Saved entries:

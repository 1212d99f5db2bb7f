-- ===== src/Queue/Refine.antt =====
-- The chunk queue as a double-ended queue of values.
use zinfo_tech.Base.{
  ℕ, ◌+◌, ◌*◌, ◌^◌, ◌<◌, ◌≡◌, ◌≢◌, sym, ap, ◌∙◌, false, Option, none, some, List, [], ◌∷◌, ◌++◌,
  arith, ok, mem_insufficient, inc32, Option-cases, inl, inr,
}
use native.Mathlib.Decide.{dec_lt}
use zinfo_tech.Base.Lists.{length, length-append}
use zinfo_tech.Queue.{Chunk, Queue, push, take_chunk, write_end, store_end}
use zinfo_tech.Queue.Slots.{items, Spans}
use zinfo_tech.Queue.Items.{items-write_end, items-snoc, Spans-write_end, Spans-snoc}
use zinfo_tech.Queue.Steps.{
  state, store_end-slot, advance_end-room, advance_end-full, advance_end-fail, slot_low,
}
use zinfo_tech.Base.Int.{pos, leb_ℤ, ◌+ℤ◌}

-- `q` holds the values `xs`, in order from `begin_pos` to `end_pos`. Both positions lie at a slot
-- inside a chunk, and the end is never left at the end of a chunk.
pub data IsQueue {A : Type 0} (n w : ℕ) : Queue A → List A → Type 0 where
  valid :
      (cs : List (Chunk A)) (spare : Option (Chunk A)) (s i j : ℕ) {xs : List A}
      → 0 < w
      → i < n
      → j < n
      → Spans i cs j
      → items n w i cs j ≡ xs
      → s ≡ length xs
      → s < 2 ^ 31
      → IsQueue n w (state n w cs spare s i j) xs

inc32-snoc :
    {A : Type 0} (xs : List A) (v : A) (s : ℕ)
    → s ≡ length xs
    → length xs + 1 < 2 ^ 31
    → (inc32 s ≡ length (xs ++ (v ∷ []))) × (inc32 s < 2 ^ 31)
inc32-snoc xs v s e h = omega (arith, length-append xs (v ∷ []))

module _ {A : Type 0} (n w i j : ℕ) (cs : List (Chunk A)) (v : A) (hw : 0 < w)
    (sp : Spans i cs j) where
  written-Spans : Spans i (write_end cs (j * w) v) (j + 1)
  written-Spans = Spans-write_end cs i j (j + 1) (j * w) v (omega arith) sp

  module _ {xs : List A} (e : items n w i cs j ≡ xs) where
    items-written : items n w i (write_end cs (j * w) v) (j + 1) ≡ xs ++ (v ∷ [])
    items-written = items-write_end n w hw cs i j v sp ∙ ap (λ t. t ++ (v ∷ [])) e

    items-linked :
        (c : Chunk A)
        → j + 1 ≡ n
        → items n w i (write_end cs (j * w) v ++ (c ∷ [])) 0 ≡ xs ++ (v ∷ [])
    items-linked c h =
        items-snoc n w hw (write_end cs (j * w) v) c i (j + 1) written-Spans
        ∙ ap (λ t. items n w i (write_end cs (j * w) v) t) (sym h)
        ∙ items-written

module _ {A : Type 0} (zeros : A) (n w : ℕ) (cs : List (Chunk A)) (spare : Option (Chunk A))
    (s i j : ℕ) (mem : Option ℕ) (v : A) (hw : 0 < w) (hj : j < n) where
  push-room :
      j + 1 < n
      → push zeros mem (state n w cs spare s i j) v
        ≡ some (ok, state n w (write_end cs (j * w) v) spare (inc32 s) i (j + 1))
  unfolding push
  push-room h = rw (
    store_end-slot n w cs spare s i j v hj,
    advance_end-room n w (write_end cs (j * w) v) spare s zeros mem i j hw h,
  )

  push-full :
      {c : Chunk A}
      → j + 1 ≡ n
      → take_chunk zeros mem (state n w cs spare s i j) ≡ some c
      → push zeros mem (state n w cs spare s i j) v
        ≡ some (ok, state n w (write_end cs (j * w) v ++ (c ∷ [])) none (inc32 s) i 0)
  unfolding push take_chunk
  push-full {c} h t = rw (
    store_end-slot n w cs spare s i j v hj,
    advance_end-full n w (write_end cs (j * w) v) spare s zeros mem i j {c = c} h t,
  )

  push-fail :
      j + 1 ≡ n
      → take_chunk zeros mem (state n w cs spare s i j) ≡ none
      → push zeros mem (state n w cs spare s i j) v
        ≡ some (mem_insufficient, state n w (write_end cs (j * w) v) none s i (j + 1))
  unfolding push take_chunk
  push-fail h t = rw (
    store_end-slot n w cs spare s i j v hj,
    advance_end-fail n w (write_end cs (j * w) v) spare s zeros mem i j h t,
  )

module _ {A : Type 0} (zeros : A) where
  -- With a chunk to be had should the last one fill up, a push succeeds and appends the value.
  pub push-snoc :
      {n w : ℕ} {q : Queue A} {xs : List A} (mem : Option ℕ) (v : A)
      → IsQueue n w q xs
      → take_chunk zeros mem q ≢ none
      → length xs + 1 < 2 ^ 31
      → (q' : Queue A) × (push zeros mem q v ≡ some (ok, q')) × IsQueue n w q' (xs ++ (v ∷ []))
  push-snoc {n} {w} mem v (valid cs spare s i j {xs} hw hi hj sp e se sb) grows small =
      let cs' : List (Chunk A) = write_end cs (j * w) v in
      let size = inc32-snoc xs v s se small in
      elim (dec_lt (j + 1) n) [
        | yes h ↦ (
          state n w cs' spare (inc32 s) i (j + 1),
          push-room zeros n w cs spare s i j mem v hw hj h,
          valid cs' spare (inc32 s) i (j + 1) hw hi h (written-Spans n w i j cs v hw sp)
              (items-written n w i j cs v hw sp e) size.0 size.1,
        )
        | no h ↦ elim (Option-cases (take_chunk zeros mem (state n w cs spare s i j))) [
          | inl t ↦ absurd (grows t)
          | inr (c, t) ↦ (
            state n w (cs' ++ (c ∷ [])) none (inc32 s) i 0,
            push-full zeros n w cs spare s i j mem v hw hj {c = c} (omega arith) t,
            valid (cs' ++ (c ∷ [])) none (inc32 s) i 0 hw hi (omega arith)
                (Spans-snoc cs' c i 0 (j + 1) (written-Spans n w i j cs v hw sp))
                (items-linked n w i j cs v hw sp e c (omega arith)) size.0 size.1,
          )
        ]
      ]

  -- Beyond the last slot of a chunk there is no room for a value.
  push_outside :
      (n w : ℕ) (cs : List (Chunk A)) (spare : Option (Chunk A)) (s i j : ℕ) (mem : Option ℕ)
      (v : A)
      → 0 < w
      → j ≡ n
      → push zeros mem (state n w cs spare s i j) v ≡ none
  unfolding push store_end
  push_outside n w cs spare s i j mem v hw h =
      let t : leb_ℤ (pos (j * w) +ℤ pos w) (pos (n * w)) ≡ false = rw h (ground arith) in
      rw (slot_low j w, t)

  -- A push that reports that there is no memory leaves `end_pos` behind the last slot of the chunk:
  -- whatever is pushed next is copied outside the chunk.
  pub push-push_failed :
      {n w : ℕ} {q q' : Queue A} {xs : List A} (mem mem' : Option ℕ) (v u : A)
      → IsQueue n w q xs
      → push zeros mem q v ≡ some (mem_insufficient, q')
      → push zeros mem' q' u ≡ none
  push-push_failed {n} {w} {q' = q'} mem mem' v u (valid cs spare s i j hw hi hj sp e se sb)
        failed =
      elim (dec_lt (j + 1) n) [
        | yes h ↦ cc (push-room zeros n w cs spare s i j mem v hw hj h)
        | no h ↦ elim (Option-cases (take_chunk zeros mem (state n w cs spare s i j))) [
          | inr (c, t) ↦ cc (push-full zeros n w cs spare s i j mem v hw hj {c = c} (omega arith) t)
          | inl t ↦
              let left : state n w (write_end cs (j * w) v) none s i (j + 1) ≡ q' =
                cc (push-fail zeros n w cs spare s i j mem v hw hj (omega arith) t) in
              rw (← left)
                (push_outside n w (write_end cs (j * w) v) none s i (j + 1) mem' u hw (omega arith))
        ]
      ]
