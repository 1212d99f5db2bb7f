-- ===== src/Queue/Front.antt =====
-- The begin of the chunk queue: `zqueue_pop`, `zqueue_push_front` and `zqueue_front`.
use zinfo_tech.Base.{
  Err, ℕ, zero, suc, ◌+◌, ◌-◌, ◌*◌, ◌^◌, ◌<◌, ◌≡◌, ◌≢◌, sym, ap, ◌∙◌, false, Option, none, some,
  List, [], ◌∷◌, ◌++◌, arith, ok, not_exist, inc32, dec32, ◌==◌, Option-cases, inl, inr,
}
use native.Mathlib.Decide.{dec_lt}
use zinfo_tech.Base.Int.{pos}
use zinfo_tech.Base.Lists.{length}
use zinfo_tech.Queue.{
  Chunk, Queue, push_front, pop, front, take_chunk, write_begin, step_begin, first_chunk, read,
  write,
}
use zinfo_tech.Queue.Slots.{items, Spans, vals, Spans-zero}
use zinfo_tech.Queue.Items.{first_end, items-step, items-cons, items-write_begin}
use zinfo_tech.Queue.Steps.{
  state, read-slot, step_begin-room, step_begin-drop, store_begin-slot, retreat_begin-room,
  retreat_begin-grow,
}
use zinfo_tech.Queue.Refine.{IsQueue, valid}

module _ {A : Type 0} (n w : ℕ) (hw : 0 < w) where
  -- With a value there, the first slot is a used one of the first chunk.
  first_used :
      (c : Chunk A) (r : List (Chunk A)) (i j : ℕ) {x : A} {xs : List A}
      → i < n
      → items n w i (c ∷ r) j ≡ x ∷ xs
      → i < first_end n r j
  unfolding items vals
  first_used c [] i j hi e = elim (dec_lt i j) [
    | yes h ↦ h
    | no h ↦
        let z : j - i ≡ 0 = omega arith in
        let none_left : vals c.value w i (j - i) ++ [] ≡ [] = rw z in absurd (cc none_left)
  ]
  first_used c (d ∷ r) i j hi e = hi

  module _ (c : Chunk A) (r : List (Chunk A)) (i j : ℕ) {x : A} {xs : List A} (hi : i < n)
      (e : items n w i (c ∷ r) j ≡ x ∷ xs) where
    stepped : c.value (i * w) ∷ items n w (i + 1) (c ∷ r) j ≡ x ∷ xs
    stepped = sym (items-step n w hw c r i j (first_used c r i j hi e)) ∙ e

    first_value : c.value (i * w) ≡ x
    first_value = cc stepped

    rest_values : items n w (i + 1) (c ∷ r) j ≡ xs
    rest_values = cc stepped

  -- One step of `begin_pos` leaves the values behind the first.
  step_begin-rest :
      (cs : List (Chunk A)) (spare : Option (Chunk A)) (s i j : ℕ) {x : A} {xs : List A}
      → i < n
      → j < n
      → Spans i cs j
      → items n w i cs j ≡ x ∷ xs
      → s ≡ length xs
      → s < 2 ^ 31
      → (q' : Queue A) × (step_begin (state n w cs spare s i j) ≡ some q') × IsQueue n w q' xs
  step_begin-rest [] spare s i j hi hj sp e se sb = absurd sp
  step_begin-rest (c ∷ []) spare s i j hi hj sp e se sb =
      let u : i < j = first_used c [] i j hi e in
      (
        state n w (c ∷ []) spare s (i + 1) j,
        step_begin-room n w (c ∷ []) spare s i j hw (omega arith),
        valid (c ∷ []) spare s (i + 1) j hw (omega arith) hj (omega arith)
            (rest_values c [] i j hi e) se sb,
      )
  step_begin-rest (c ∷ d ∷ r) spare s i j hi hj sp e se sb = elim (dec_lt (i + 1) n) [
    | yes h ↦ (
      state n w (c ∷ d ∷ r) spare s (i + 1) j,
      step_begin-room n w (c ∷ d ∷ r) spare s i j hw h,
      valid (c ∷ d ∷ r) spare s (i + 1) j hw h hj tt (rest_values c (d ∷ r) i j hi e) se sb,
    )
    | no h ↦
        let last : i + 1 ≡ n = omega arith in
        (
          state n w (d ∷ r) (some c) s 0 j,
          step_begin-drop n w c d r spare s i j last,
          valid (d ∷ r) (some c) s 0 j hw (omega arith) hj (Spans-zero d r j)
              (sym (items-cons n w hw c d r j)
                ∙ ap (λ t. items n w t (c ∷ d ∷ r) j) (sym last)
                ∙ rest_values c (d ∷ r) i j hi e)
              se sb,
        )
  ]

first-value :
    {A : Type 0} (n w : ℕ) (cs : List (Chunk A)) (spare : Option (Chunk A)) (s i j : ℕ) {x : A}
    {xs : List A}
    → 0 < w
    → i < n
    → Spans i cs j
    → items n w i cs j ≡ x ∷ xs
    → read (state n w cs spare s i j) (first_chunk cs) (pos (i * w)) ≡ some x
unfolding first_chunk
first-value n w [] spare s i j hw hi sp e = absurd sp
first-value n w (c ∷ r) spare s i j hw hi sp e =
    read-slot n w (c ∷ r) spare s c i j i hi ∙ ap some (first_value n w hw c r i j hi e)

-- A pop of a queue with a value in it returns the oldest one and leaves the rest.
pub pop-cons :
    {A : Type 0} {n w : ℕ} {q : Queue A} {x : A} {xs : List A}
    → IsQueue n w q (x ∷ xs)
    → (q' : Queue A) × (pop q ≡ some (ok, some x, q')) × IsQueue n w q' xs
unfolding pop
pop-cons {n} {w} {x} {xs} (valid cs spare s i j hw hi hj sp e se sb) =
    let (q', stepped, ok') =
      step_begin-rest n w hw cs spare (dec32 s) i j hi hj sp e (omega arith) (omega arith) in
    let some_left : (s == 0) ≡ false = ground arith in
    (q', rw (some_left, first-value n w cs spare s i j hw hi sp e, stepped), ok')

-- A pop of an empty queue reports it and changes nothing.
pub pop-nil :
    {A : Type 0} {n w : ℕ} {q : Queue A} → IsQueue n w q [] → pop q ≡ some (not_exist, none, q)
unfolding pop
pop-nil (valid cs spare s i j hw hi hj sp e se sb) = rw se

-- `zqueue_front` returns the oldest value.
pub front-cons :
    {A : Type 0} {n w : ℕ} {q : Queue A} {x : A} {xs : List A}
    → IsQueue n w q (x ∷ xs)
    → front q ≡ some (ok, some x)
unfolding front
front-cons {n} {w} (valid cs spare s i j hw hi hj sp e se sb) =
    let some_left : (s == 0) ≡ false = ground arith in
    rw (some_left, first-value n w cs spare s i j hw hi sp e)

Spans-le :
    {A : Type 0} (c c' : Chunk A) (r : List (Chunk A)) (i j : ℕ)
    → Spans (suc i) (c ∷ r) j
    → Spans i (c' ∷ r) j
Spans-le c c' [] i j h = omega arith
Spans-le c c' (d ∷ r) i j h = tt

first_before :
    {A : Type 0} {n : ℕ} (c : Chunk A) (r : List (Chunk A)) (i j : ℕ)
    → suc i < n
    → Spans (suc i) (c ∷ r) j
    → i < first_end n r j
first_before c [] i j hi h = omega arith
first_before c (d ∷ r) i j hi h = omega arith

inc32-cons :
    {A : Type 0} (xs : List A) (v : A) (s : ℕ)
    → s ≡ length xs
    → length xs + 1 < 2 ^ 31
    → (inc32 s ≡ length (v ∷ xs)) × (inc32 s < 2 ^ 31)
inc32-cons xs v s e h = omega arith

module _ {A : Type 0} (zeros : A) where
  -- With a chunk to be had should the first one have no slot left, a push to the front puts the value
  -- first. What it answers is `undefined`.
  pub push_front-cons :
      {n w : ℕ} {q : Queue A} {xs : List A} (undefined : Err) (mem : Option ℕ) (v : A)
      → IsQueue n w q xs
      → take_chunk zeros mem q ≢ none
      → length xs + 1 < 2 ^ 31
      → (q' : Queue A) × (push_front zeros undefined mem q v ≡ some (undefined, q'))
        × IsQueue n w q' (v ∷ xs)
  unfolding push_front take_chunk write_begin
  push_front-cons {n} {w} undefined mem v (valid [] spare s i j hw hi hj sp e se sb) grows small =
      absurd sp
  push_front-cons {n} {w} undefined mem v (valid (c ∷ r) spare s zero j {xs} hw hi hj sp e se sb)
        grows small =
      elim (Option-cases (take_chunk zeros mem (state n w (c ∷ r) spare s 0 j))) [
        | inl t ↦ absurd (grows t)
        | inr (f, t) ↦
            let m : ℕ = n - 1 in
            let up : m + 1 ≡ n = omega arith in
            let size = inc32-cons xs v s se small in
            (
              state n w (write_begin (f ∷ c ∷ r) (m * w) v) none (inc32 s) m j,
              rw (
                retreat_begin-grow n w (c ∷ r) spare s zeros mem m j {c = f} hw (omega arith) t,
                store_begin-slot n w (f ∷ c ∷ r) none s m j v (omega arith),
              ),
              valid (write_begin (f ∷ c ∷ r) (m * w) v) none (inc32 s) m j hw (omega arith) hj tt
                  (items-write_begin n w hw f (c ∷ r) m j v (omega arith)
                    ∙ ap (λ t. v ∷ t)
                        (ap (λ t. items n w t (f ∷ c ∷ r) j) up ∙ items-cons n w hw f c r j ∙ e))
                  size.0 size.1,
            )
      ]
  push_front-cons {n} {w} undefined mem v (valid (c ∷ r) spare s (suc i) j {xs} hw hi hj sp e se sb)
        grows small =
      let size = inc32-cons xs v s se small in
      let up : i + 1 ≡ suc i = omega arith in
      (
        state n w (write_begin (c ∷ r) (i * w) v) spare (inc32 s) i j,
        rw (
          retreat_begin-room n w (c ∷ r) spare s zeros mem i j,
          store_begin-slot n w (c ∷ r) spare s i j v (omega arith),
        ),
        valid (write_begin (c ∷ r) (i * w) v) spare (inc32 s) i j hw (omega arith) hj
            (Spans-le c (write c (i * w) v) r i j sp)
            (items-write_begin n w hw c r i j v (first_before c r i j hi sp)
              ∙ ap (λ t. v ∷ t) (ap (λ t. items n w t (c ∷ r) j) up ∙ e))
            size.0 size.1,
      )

PROBLEM: Look above for the line with "let z : j - i ≡ 0 = omega arith in"; retype exactly that line, every line after it up to the line with "valid (c ∷ d", and that line too, nothing else.

WRITTEN ANSWER:
        let z : j - i ≡ 0 = omega arith in
        let none_left : vals c.value w i (j - i) ++ [] ≡ [] = rw z in absurd (cc none_left)
  ]
  first_used c (d ∷ r) i j hi e = hi

  module _ (c : Chunk A) (r : List (Chunk A)) (i j : ℕ) {x : A} {xs : List A} (hi : i < n)
      (e : items n w i (c ∷ r) j ≡ x ∷ xs) where
    stepped : c.value (i * w) ∷ items n w (i + 1) (c ∷ r) j ≡ x ∷ xs
    stepped = sym (items-step n w hw c r i j (first_used c r i j hi e)) ∙ e

    first_value : c.value (i * w) ≡ x
    first_value = cc stepped

    rest_values : items n w (i + 1) (c ∷ r) j ≡ xs
    rest_values = cc stepped

  -- One step of `begin_pos` leaves the values behind the first.
  step_begin-rest :
      (cs : List (Chunk A)) (spare : Option (Chunk A)) (s i j : ℕ) {x : A} {xs : List A}
      → i < n
      → j < n
      → Spans i cs j
      → items n w i cs j ≡ x ∷ xs
      → s ≡ length xs
      → s < 2 ^ 31
      → (q' : Queue A) × (step_begin (state n w cs spare s i j) ≡ some q') × IsQueue n w q' xs
  step_begin-rest [] spare s i j hi hj sp e se sb = absurd sp
  step_begin-rest (c ∷ []) spare s i j hi hj sp e se sb =
      let u : i < j = first_used c [] i j hi e in
      (
        state n w (c ∷ []) spare s (i + 1) j,
        step_begin-room n w (c ∷ []) spare s i j hw (omega arith),
        valid (c ∷ []) spare s (i + 1) j hw (omega arith) hj (omega arith)
            (rest_values c [] i j hi e) se sb,
      )
  step_begin-rest (c ∷ d ∷ r) spare s i j hi hj sp e se sb = elim (dec_lt (i + 1) n) [
    | yes h ↦ (
      state n w (c ∷ d ∷ r) spare s (i + 1) j,
      step_begin-room n w (c ∷ d ∷ r) spare s i j hw h,
      valid (c ∷ d ∷ r) spare s (i + 1) j hw h hj tt (rest_values c (d ∷ r) i j hi e) se sb,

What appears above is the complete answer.